--- EXERCISE ---
If a line in the entries contains the string "behind", include that line in your answer.

--- INPUT FOR THIS TASK ---
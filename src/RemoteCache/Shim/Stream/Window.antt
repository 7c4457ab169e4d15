-- ===== src/RemoteCache/Shim/Stream/Window.antt =====
-- The part of a blob that a `ReadRequest` asks for.
use tine.Base.{
  ℕ, suc, ◌-◌, ◌≡◌, refl, ap, inl, inr, true, false, [], ◌∷◌, Bytes, length, take, drop,
  length-drop, ◌==◌, arith, Bool-cases,
}
use tine.RemoteCache.Reapi.Stream.{ReadRequest}
use tine.RemoteCache.Shim.Stream.{window_of}

-- What stands behind the offset: all of it without a limit, and else no more than the limit.
pub data IsWindow (request : ReadRequest) (content : Bytes) : Bytes → Type 0 where
  unlimited : request.read_limit ≡ 0 → IsWindow request content (drop request.read_offset content)
  limited :
      (more : ℕ)
      → request.read_limit ≡ suc more
      → IsWindow request content (take request.read_limit (drop request.read_offset content))

take-length : (xs : Bytes) → take (length xs) xs ≡ xs
take-length [] = refl
take-length (x ∷ xs) = ap (◌∷◌ x) (take-length xs)

window_of-unlimited :
    (request : ReadRequest) (content : Bytes)
    → (request.read_limit == 0) ≡ true
    → window_of request content ≡ drop request.read_offset content
unfolding window_of
window_of-unlimited request content e = rw e (
    rw (← (length-drop request.read_offset content))
      (take-length (drop request.read_offset content)))

window_of-limited :
    (request : ReadRequest) (content : Bytes)
    → (request.read_limit == 0) ≡ false
    → window_of request content ≡ take request.read_limit (drop request.read_offset content)
unfolding window_of
window_of-limited request content e =
    rw e (ap (λ (n : ℕ). take n (drop request.read_offset content)) (omega arith))

pub window_of-IsWindow :
    (request : ReadRequest) (content : Bytes) → IsWindow request content (window_of request content)
window_of-IsWindow request content = elim (Bool-cases (request.read_limit == 0)) [
  | inl e ↦ rw (window_of-unlimited request content e) (unlimited (ground (arith, e)))
  | inr e ↦
      rw (window_of-limited request content e)
        (limited (request.read_limit - 1) (ground (arith, e)))
]
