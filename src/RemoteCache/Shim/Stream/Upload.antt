-- ===== src/RemoteCache/Shim/Stream/Upload.antt =====
-- The messages of an upload that `write` takes up, and what they carry together.
use tine.Base.{
  ◌≡◌, refl, ap, ◌∙◌, ◌⊎◌, inl, inr, subst, Bool, true, false, Option, none, some, List, [], ◌∷◌,
  ◌++◌, Bytes, ◌==◌, arith, Bool-cases, append-nil, append_assoc, sym,
}
use tine.RemoteCache.Outcome.{Result, ok, err, is_value_error}
use tine.RemoteCache.Reapi.Digest.{Digest}
use tine.RemoteCache.Reapi.Stream.{WriteRequest}
use tine.RemoteCache.Shim.Stream.{
  resource_digest, begin_with, opened, opened_as, written, write_all,
}

-- The contents one behind the other, up to the first message that finishes, or of all.
pub data IsUpload : List WriteRequest → Bytes → Type 0 where
  ended : IsUpload [] []
  finished :
      {request : WriteRequest} {requests : List WriteRequest}
      → request.finish_write ≡ true
      → IsUpload (request ∷ requests) request.content
  went_on :
      {request : WriteRequest} {requests : List WriteRequest} {rest : Bytes}
      → request.finish_write ≡ false
      → IsUpload requests rest
      → IsUpload (request ∷ requests) (request.content ++ rest)

-- One round of the loop of `write`: the bytes so far with the digest, or what the next rounds make.
pub written-eq-ok :
    (all : Bytes) (last : Bool) (open_for : Result Digest) (rest : Result (Option Digest × Bytes))
    {got : Option Digest × Bytes}
    → written all last open_for rest ≡ ok got
    → (digest : Digest) × (open_for ≡ ok digest)
      × (((last ≡ true) × ((some digest, all) ≡ got)) ⊎ ((last ≡ false) × (rest ≡ ok got)))
written-eq-ok all last (err e) rest h = absurd (cc)
written-eq-ok all true (ok digest) rest h = (digest, refl, inl (refl, cc))
written-eq-ok all false (ok digest) rest h = (digest, refl, inr (refl, h))

-- Once a digest is known, it stays, and what the messages carry is added to the bytes so far.
pub write_all-IsUpload :
    (digest : Digest) (before : Bytes) (requests : List WriteRequest) {d : Digest} {all : Bytes}
    → write_all (some digest) before requests ≡ ok (some d, all)
    → (rest : Bytes) × (all ≡ before ++ rest) × IsUpload requests rest × (digest ≡ d)
unfolding write_all
write_all-IsUpload digest before [] {all = all} h =
    let same : before ≡ all = cc in ([], rw append-nil (sym same), ended, cc)
write_all-IsUpload digest before (request ∷ requests) {all = all} h =
    let more = before ++ request.content in
    let (same, e, next) =
      written-eq-ok more request.finish_write (ok digest) (write_all (some digest) more requests)
        h in
    elim next [
      | inl (f, k) ↦ let same : more ≡ all = cc in (request.content, sym same, finished f, cc)
      | inr (f, k) ↦
          let (rest, joins, carried, one) = write_all-IsUpload digest more requests k in
          (
            request.content ++ rest,
            joins ∙ append_assoc before request.content rest,
            went_on f carried,
            cc,
          )
    ]

-- An upload of the digest that its first message names, from the start.
pub record IsOpened (requests : List WriteRequest) (digest : Digest) (all : Bytes) : Type 0 where
  pub first : WriteRequest
  pub others : List WriteRequest
  pub begins : requests ≡ first ∷ others
  pub names : resource_digest first.resource_name ≡ ok digest
  pub at_start : first.write_offset ≡ 0
  pub carried : IsUpload requests all

begin_with-eq-ok :
    (request : WriteRequest) (named : Result Digest) {digest : Digest}
    → begin_with request named ≡ ok digest
    → (named ≡ ok digest) × (request.write_offset ≡ 0)
begin_with-eq-ok request (err e) h = elim (Bool-cases (is_value_error e)) [
  | inl v ↦ absurd (let h' = rw v at h in cc)
  | inr v ↦ absurd (let h' = rw v at h in cc)
]
begin_with-eq-ok request (ok digest) h = elim (Bool-cases (request.write_offset == 0)) [
  | inl v ↦ let h' = rw v at h in (cc, ground (arith, v))
  | inr v ↦ absurd (let h' = rw v at h in cc)
]

pub write_all-IsOpened :
    (requests : List WriteRequest) {digest : Digest} {all : Bytes}
    → write_all none [] requests ≡ ok (some digest, all)
    → IsOpened requests digest all
unfolding write_all
write_all-IsOpened [] h = absurd (cc)
write_all-IsOpened (request ∷ requests) {digest} {all} h =
    let open_for = opened request none in
    let rest = write_all (opened_as open_for) request.content requests in
    let (d, e, next) = written-eq-ok request.content request.finish_write open_for rest h in
    let (names, at_start) = begin_with-eq-ok request (resource_digest request.resource_name) e in
    elim next [
      | inl (f, k) ↦
          let same : d ≡ digest = cc in
          let whole : request.content ≡ all = cc in
          record {
            first = request;
            others = requests;
            begins = refl;
            names = names ∙ ap (λ (d : Digest). ok d) same;
            at_start = at_start;
            carried = subst (IsUpload (request ∷ requests)) whole (finished f);
          }
      | inr (f, k) ↦
          let (more, joins, carried, same) =
            write_all-IsUpload d request.content requests (rw e at k) in
          record {
            first = request;
            others = requests;
            begins = refl;
            names = names ∙ ap (λ (d : Digest). ok d) same;
            at_start = at_start;
            carried = subst (IsUpload (request ∷ requests)) (sym joins) (went_on f carried);
          }
    ]

-- What the messages carry, the loop has behind the bytes so far.
write_all-carried :
    (digest : Digest) (before : Bytes) (requests : List WriteRequest) {rest : Bytes}
    → IsUpload requests rest
    → write_all (some digest) before requests ≡ ok (some digest, before ++ rest)
unfolding write_all
write_all-carried digest before [] ended = rw append-nil refl
write_all-carried digest before (request ∷ requests) (finished f) = rw f refl
write_all-carried digest before (request ∷ requests) (went_on {rest = rest} f carried) =
    rw (f, write_all-carried digest (before ++ request.content) requests carried)
      (ap (λ (b : Bytes). ok (some digest, b)) (append_assoc before request.content rest))

-- An upload that starts at zero, of a digest, is taken up whole.
pub write_all-opened :
    (first : WriteRequest) (others : List WriteRequest) {digest : Digest} {all : Bytes}
    → resource_digest first.resource_name ≡ ok digest
    → first.write_offset ≡ 0
    → IsUpload (first ∷ others) all
    → write_all none [] (first ∷ others) ≡ ok (some digest, all)
unfolding write_all
write_all-opened first others {digest} names start carried =
    let from : (first.write_offset == 0) ≡ true = ground (arith, start) in
    rw (names, from) (write_all-carried digest [] (first ∷ others) carried)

--- RESULT FOR THIS TASK ---
-- What stands behind the offset: all of it without a limit, and else no more than the limit.
-- The contents one behind the other, up to the first message that finishes, or of all.
-- What the messages carry, the loop has behind the bytes so far.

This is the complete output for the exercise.